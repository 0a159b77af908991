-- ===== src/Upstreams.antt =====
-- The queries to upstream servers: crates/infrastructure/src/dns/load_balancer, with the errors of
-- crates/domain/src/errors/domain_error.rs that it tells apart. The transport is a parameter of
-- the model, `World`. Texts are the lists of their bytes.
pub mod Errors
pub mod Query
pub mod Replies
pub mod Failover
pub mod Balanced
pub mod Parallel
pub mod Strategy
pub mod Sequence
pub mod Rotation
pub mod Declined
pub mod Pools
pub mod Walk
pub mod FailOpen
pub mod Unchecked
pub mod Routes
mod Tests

+ + + + +

### TASK OBJECTIVE
All lines from the one with "pub mod Balanced" onward to the end of the records above should be repeated exactly, and only those lines.

### REPLY
pub mod Balanced
pub mod Parallel
pub mod Strategy
pub mod Sequence
pub mod Rotation
pub mod Declined
pub mod Pools
pub mod Walk
pub mod FailOpen
pub mod Unchecked
pub mod Routes
mod Tests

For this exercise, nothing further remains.